The net impact is a gas burns lower by an average of 1.6 Bcf/d through the summer or 400 Bcf lower. Just to reiterate, this is purely the impact of gas burns due to the growth of renewables. We still need to include the impacts from the coal prices/availability and hydro levels.
Fundamentals for the week ending Mar 25:
The EIA reported a -51 Bcf withdrawal for the week ending Mar 18th, which came much lower than market estimates. Storage levels were reported to be 1389 Bcf.
For the reported week, total consumption dropped with seasonal warming temps (even though temps were cooler than normal for most the country) and rising wind. The net result was L48 GWHDD dropping by -1.2F relative to the previous week; resulting in a 3.1 Bcf/d drop in natural gas consumption.
Adding to the week-on-week bearish sentiment was the big change in wind generation for the storage week. Wind generation rose to 63 GWh during the week from 57 GWh the week prior. We calculate ~52 GWh to be the expected norm for this time of the year.
This past week’s report was tight but not as tight as the last few reports. We estimate this report was ~3.2 Bcf/d tight vs LY (wx adjusted). This embeds the high wind experienced last week. With wind at normal levels, this report would have been closer to 5.0 Bcf/d tighter vs LY (wx adjusted).
For the week ending Mar 25th, our early view is +22 Bcf. This reporting period will take L48 storage level to 1,411 Bcf (-351 vs LY, -248 vs. 5Yr)
This report is expected to be an injection as total consumption continues to drop with warming weather and once again rising wind. Temps across the country were consistently warm to hot levels. The net change was L48 GWHDD dropping by -6.1F relative to the previous week; resulting in an 8.1 Bcf/d drop in natural gas consumption for space heating (rescomm only). In some parts of the country, it was hot enough to crank up the AC. Even Calgary hit 65F on Wednesday.
The warming temps (leading a seasonal decline in power loads) and rising wind generation once again pushed power burns lower. The wind generation grew week-on-week by 2.3 GWh on average. If a 7.5 HR natural gas generator was perfectly offset by the increased wind, then we would expect to see a 0.4 Bcf/d drop in power burns.
Domestic dry gas production also grew with the South Central production returning. Total production was higher by 1.2 Bcf/d to an average of 95.3 Bcf/d. Production from TX continues to recover, and more specifically from West Texas freeze-offs the week prior and the rumored outage (fire) at the Aethon processing plant that caused the drop in production on March 1st from the Haynesville basin. Since last weekend we have seen volumes from the Aethon processing plant area recover as volumes have started to shift to other pipes. According to Criterion Research, “Gulf South pipeline nominations nearly returned to normal … reaching 2.8 Bcf/d as the pipe redirected gas supply onto other meters as the Hall Summit station remains offline…. The Hall Summit meter that grabs gas from an Aethon subsidiary remained at zero, but the Aethon United Desoto station started flowing more (as did others)”. Here is a look at dry gas production levels as we exit winter.

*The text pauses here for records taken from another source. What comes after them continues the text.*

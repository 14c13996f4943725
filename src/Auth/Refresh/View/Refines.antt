-- ===== src/Auth/Refresh/View/Refines.antt =====
-- `rotate` does to the table what `present` does to its meaning: gateway/src/auth/refresh.rs.
use rust_web_fullstack.Prelude.{
  ℕ, true, false, ◌==◌, ==_iff, if◌then◌else◌, List, Text, Option, none, some, ◌∷◌, ok, ◌≡◌, refl,
  sym, ap, ◌≢◌, ◌∙◌, inl, inr, ◌⊎◌, arith, Option-cases, Bool-cases,
}
use mathlib.Core.Path.{fun_ext}
use rust_web_fullstack.Prelude.Int.{ℤ, pos, ltb_ℤ}
use rust_web_fullstack.Domain.{Uuid, DateTime, as_uuid}
use rust_web_fullstack.Auth.Store.{
  Row, Table, is_live, select_active, select_any, mark_replaced, revoke_family,
}
use rust_web_fullstack.Auth.Store.Counts.{first_holds}
use rust_web_fullstack.Auth.Refresh.{
  Libraries, RotationResult, Outcomes, rotate, hash_refresh_token, in_transaction, replayed,
  replaced,
}
use rust_web_fullstack.Auth.Refresh.Rotation.{successor, finish_ok, rotate-IsRotated}
use rust_web_fullstack.Auth.Refresh.Integrity.{IsSound}
use rust_web_fullstack.Auth.Refresh.View.{unknown, live, spent, View, view, spend, present}
use rust_web_fullstack.Auth.Refresh.View.Marked.{
  view-revoke_family, view-cons, view-marked, inactive, active_known,
}

replayed-none :
    (lib : Libraries) (io : Outcomes) (h : ℕ) (now : DateTime) (t u : Table)
    → replayed lib io h now t ≡ ok (u, none)
    → ((select_any h t ≡ none) × (u ≡ t))
      ⊎ ((r : Row) × (select_any h t ≡ some r) × (u ≡ revoke_family now r.family_id t))
unfolding replayed
replayed-none lib io h now t u e = elim (Option-cases (select_any h t)) [
  | inl missing ↦ inl (missing, ground arith)
  | inr (r, found) ↦ inr (r, found, ground arith)
]

replaced-ne-none :
    (lib : Libraries) (io : Outcomes) (old : Row) (now : DateTime) (ttl : ℤ) (t u : Table)
    → replaced lib io old now ttl t ≢ ok (u, none)
unfolding replaced
replaced-ne-none lib io old now ttl t u e = ground arith

module _ (lib : Libraries) (io : Outcomes) (raw : Text) (now : DateTime) (ttl : ℤ) (t : Table) where
  -- A call that answers with no token and no error found no active row.
  rotate-none :
      (u : Table)
      → rotate lib io raw now ttl t ≡ (u, ok none)
      → (select_active (hash_refresh_token lib raw) now t ≡ none)
        × (((select_any (hash_refresh_token lib raw) t ≡ none) × (u ≡ t))
            ⊎ ((r : Row) × (select_any (hash_refresh_token lib raw) t ≡ some r)
                × (u ≡ revoke_family now r.family_id t)))
  unfolding rotate in_transaction
  rotate-none u e = elim (Bool-cases (ltb_ℤ (pos 0) ttl)) [
    | inr bad ↦ ground arith
    | inl good ↦
        let inside =
          finish_ok lib io.commits t (in_transaction lib io raw now ttl t) {u = u} {r = none}
            (ground arith) in
        elim (Option-cases (select_active (hash_refresh_token lib raw) now t)) [
          | inl missing ↦
              (missing, replayed-none lib io (hash_refresh_token lib raw) now t u (ground arith))
          | inr (old, active) ↦ absurd (replaced-ne-none lib io old now ttl t u (ground arith))
        ]
  ]

module _ (h : ℕ) (now : DateTime) (h' : ℕ) (until : DateTime) (v : View) where
  present-unknown : v h ≡ unknown → present h now h' until v ≡ (v, none)
  unfolding present
  present-unknown e = rw (e, present) refl

  present-spent :
      (f : Uuid) → v h ≡ spent f → present h now h' until v ≡ ((λ d. spend f (v d)), none)
  unfolding present
  present-spent f e = rw (e, present) refl

  present-expired :
      (f s : Uuid) (e : DateTime)
      → v h ≡ live f s e
      → ltb_ℤ now e ≡ false
      → present h now h' until v ≡ ((λ d. spend f (v d)), none)
  unfolding present
  present-expired f s e p late = rw (p, present, late) refl

  present-live :
      (f s : Uuid) (e : DateTime)
      → v h ≡ live f s e
      → ltb_ℤ now e ≡ true
      → present h now h' until v
        ≡ ((λ d. if d == h' then live f s until else if d == h then spent f else v d), some s)
  unfolding present
  present-live f s e p early = rw (p, present, early) refl

-- The row that a look-up finds, as a token.
view_row_cases :
    (h : ℕ) (t : Table) (r : Row)
    → select_any h t ≡ some r
    → ((is_live r ≡ true) × (view t h ≡ live r.family_id r.subject r.expires_at))
      ⊎ ((is_live r ≡ false) × (view t h ≡ spent r.family_id))
unfolding view
view_row_cases h t r e = elim (Option-cases r.revoked_at) [
  | inl unrevoked ↦ inl (ground arith, ground arith)
  | inr (at, revoked) ↦ inr (ground arith, ground arith)
]

present-declined :
    (h : ℕ) (now : DateTime) (h' : ℕ) (until : DateTime) (t u : Table)
    → select_active h now t ≡ none
    → ((select_any h t ≡ none) × (u ≡ t))
      ⊎ ((r : Row) × (select_any h t ≡ some r) × (u ≡ revoke_family now r.family_id t))
    → (view u, none) ≡ present h now h' until (view t)
unfolding view
present-declined h now h' until t u gone (inl (missing, e)) =
    rw e (sym (present-unknown h now h' until (view t) (rw (missing, view) refl)))
present-declined h now h' until t u gone (inr (r, found, e)) =
    let shut = inactive h now t r gone found in
    ap (λ w. (w, none)) (ap view e ∙ view-revoke_family now r.family_id t)
    ∙ sym (elim (view_row_cases h t r found) [
      | inl (alive, token) ↦
          present-expired h now h' until (view t) r.family_id r.subject r.expires_at token
            (ground arith)
      | inr (dead, token) ↦ present-spent h now h' until (view t) r.family_id token
    ])

present-exchanged :
    (h : ℕ) (now : DateTime) (t : Table) (new old : Row)
    → IsSound t
    → select_active h now t ≡ some old
    → new.family_id ≡ old.family_id
    → new.subject ≡ old.subject
    → new.revoked_at ≡ none
    → (view (new ∷ mark_replaced now new.jti old.jti t), some old.subject)
      ≡ present h now new.hashed_token new.expires_at (view t)
unfolding select_active
present-exchanged h now t new old v active family subject alive =
    let found = active_known h now t old active v in
    let fresh = first_holds _ t active in
    let token : view t h ≡ live old.family_id old.subject old.expires_at =
      ground (arith, view_row_cases h t old found) in
    let left : view (new ∷ mark_replaced now new.jti old.jti t) ≡ (λ d.
      if d == new.hashed_token
      then live old.family_id old.subject new.expires_at
      else if d == h
      then spent old.family_id
      else view t d) =
      fun_ext λ d. ground (
        arith,
        view-cons new (mark_replaced now new.jti old.jti t) d,
        view-marked h now new old t v found d,
        ==_iff d new.hashed_token,
        ==_iff new.hashed_token d,
      ) in
    ap (λ w. (w, some old.subject)) left
    ∙ sym (
        present-live h now new.hashed_token new.expires_at (view t) old.family_id old.subject
          old.expires_at token (ground arith))

abbrev pub subject_of : Option RotationResult → Option Uuid
subject_of none = none
subject_of (some r) = some (as_uuid r.subject)

-- `rotate` implements `present`: on a table that keeps its rules, a call that answers with no error
-- leaves a table that means what `present` makes of the meaning of the old one, and answers with a
-- token exactly when `present` exchanges, for the same subject. The random bytes and the time that
-- a new token expires at are given.
pub rotate-Refines :
    (lib : Libraries) (io : Outcomes) (raw : Text) (now until : DateTime) (ttl : ℤ) (t u : Table)
    (bytes : List ℕ) (res : Option RotationResult)
    → IsSound t
    → lib.add_seconds now ttl ≡ some until
    → io.random_bytes ≡ some bytes
    → rotate lib io raw now ttl t ≡ (u, ok res)
    → (view u, subject_of res)
      ≡ present
          (hash_refresh_token lib raw)
          now
          (hash_refresh_token lib (lib.base64 bytes))
          until
          (view t)
rotate-Refines lib io raw now until ttl t u bytes none v later random e =
    let (gone, effect) = rotate-none lib io raw now ttl t u e in
    present-declined (hash_refresh_token lib raw) now (hash_refresh_token lib (lib.base64 bytes))
      until t u gone effect
rotate-Refines lib io raw now until ttl t u bytes (some r) v later random e =
    let done = rotate-IsRotated lib io raw now ttl t u r e in
    let left = successor lib io done.old r.new_raw_token now done.until in
    let same : until ≡ done.until = ground (arith, done.expires) in
    let token : lib.base64 bytes ≡ r.new_raw_token = ground (arith, done.drawn) in
    let answer : (view u, some (as_uuid r.subject))
        ≡ (view (left ∷ mark_replaced now io.new_v4 done.old.jti t), some done.old.subject) =
      ground (arith, done.table, done.owner) in
    answer
    ∙ present-exchanged (hash_refresh_token lib raw) now t left done.old v done.active refl refl
        refl
    ∙ rw (same, token) refl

Finally we look at LNG where total deliveries averaged 13.0 Bcf/d, which was 0.1 Bcf/d higher than the previous week. Early in the week (Mar 19th), LNG deliveries hit a new high of 13.75 Bcf/d. That didn’t last long with Freeport was having issues midweek and dropping to half its regular volume for a few days.
Here is the facility level view:
The net balance was 11.0 Bcf/d looser week-on-week.